▸ **Data records**
━━━━━━

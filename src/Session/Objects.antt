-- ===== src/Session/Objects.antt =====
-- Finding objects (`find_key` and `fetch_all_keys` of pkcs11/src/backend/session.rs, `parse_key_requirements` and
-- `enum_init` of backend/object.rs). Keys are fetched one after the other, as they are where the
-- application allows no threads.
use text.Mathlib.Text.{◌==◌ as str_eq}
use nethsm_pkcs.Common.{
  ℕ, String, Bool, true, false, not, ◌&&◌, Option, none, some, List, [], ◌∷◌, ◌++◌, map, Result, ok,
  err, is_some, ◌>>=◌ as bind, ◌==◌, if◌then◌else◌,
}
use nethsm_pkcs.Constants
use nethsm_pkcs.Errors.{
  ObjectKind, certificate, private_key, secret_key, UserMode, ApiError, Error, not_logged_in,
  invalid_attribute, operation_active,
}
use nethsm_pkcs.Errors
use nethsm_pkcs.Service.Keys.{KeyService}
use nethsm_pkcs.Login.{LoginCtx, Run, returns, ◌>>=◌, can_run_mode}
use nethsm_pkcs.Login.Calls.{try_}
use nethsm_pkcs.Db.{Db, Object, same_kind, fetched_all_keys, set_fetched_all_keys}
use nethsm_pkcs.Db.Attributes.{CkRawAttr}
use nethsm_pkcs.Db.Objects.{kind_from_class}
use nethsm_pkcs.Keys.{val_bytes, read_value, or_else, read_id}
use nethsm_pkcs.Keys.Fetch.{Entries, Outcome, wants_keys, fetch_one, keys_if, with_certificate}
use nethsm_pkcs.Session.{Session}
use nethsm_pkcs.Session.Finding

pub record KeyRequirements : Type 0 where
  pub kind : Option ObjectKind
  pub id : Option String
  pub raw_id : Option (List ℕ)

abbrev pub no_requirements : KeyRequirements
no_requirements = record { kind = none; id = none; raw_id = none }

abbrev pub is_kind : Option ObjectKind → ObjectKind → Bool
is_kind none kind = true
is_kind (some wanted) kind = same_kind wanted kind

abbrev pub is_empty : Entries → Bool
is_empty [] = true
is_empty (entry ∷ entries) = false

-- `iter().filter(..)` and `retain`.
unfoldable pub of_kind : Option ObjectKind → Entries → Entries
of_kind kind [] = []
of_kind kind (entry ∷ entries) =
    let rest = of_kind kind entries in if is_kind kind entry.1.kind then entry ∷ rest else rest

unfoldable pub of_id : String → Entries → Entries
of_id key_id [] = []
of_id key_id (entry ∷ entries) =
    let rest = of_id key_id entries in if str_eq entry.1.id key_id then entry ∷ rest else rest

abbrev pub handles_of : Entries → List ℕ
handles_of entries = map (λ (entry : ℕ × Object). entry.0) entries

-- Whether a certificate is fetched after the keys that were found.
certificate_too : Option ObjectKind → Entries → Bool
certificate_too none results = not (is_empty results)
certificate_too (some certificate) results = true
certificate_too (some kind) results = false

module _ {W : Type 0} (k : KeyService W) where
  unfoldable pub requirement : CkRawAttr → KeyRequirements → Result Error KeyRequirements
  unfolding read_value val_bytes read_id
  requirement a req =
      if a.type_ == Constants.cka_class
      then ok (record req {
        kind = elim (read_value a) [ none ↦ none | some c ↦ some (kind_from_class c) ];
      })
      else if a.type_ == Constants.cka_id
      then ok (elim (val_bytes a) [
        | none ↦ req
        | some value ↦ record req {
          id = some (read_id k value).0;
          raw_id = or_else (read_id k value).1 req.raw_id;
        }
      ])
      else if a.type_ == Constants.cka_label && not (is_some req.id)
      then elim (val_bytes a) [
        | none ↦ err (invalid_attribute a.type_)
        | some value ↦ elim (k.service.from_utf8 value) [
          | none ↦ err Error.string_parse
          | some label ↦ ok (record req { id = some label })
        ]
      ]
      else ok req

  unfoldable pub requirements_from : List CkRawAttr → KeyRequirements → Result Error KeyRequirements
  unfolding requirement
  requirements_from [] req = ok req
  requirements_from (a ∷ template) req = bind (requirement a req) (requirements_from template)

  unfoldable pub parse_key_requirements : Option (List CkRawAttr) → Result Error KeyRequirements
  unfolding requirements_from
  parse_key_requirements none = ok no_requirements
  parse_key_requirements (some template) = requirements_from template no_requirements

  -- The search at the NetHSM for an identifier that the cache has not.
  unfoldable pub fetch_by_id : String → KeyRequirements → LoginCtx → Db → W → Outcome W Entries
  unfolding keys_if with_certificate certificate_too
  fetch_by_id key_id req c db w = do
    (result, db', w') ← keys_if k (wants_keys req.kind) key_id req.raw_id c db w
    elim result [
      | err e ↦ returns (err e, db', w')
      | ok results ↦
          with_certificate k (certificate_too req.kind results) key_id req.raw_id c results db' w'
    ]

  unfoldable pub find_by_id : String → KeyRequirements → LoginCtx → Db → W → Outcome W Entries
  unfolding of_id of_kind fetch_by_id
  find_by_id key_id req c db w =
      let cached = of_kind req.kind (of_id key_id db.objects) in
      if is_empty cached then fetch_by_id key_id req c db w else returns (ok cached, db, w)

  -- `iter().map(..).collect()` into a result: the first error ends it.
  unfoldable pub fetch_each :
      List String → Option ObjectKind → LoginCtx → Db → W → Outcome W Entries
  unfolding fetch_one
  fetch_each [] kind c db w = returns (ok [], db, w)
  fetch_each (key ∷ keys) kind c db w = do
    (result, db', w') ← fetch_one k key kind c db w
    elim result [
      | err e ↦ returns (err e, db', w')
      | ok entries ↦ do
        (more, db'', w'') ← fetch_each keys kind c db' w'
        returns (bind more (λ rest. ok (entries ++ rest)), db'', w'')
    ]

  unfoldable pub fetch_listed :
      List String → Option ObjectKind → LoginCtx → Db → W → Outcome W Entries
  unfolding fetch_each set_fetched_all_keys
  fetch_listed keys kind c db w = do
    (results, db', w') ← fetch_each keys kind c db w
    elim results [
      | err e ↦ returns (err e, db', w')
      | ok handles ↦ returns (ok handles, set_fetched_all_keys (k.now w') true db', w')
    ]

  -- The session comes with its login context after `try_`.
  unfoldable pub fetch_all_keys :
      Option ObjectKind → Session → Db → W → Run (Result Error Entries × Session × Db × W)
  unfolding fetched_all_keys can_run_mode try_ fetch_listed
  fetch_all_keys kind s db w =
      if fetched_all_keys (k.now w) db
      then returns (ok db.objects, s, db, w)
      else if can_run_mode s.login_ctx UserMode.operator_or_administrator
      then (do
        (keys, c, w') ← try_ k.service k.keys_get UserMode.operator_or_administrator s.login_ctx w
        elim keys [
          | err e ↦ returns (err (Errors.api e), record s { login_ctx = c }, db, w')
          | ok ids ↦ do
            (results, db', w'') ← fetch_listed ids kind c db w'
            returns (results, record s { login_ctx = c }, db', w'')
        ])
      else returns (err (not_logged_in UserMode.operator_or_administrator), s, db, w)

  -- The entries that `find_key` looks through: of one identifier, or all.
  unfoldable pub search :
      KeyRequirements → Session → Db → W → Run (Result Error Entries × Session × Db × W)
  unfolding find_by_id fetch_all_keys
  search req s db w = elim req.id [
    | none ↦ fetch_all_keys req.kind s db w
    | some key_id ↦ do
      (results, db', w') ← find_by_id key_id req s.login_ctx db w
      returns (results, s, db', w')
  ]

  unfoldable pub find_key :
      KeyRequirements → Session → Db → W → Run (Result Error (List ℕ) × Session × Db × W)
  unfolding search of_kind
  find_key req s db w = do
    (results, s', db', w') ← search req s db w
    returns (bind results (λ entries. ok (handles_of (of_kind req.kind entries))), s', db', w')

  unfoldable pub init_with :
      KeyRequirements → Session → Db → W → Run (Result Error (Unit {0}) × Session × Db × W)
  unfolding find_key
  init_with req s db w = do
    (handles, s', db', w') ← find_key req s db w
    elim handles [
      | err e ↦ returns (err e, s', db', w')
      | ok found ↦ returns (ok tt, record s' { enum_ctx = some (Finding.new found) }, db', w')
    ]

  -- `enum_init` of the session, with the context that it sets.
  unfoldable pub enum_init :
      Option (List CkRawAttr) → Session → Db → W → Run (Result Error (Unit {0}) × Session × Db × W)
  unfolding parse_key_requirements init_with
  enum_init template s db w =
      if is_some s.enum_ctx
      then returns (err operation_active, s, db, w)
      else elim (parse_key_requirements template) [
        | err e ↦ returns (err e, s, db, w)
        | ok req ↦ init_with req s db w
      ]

━━━━━━

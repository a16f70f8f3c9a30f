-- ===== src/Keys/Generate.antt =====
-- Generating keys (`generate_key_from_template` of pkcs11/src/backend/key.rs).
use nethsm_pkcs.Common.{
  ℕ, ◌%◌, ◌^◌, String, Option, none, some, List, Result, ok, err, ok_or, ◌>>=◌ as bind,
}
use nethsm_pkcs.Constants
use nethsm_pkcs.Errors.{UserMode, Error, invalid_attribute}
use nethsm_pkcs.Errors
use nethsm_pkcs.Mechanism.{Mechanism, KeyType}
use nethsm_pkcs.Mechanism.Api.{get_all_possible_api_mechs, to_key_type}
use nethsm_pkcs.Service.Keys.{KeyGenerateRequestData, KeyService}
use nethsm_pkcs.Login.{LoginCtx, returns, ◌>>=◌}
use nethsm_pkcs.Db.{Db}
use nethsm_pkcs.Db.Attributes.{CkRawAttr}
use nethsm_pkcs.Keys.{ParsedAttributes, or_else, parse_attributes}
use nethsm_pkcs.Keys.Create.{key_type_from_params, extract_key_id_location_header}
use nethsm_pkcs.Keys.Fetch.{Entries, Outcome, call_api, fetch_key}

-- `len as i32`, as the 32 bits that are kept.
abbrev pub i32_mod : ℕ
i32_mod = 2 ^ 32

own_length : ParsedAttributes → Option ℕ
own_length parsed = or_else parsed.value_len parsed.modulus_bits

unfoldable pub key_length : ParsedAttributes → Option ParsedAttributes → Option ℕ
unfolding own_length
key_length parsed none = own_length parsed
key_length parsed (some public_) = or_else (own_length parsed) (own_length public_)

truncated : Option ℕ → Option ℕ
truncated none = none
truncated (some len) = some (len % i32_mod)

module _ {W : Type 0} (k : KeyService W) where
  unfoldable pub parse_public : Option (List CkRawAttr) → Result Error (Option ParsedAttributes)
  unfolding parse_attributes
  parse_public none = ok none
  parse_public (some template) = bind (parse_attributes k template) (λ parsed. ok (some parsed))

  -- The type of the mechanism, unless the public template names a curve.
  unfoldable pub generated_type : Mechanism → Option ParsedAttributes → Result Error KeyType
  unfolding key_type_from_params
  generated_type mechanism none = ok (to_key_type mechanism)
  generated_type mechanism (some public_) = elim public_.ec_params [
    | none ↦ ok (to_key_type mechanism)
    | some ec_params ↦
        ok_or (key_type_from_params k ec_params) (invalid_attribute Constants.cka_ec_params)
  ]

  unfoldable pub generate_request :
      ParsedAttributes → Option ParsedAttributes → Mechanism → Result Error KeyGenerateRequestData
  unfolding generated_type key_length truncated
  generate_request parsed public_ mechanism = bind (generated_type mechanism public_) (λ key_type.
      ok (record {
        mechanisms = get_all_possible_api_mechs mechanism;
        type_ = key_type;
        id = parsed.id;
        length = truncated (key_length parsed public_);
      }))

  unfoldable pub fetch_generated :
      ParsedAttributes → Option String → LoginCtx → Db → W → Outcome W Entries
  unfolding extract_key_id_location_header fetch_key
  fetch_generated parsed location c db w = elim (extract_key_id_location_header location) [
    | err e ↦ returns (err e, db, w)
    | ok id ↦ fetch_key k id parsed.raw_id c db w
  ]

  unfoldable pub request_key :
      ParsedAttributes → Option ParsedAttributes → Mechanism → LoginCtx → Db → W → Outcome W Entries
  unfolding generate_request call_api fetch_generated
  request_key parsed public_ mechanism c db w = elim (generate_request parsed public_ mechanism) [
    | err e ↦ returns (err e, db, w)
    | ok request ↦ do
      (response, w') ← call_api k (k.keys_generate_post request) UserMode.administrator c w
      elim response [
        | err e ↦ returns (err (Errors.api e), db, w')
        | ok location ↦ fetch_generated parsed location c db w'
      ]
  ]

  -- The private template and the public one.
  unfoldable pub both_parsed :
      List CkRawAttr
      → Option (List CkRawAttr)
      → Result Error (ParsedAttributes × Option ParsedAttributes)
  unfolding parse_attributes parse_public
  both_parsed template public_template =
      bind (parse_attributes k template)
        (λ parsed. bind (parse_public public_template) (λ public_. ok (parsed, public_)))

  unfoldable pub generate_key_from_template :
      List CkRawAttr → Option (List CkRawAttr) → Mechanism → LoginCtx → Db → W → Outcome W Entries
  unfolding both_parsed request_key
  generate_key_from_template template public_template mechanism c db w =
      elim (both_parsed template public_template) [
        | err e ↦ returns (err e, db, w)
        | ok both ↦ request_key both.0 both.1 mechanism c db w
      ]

━━━━━━

Write down, word for word, the lines above from the one containing "else returns (err" through the one containing "key_id ↦ do", both ends included.

▸ **Reply**
      else returns (err (not_logged_in UserMode.operator_or_administrator), s, db, w)

  -- The entries that `find_key` looks through: of one identifier, or all.
  unfoldable pub search :
      KeyRequirements → Session → Db → W → Run (Result Error Entries × Session × Db × W)
  unfolding find_by_id fetch_all_keys
  search req s db w = elim req.id [
    | none ↦ fetch_all_keys req.kind s db w
    | some key_id ↦ do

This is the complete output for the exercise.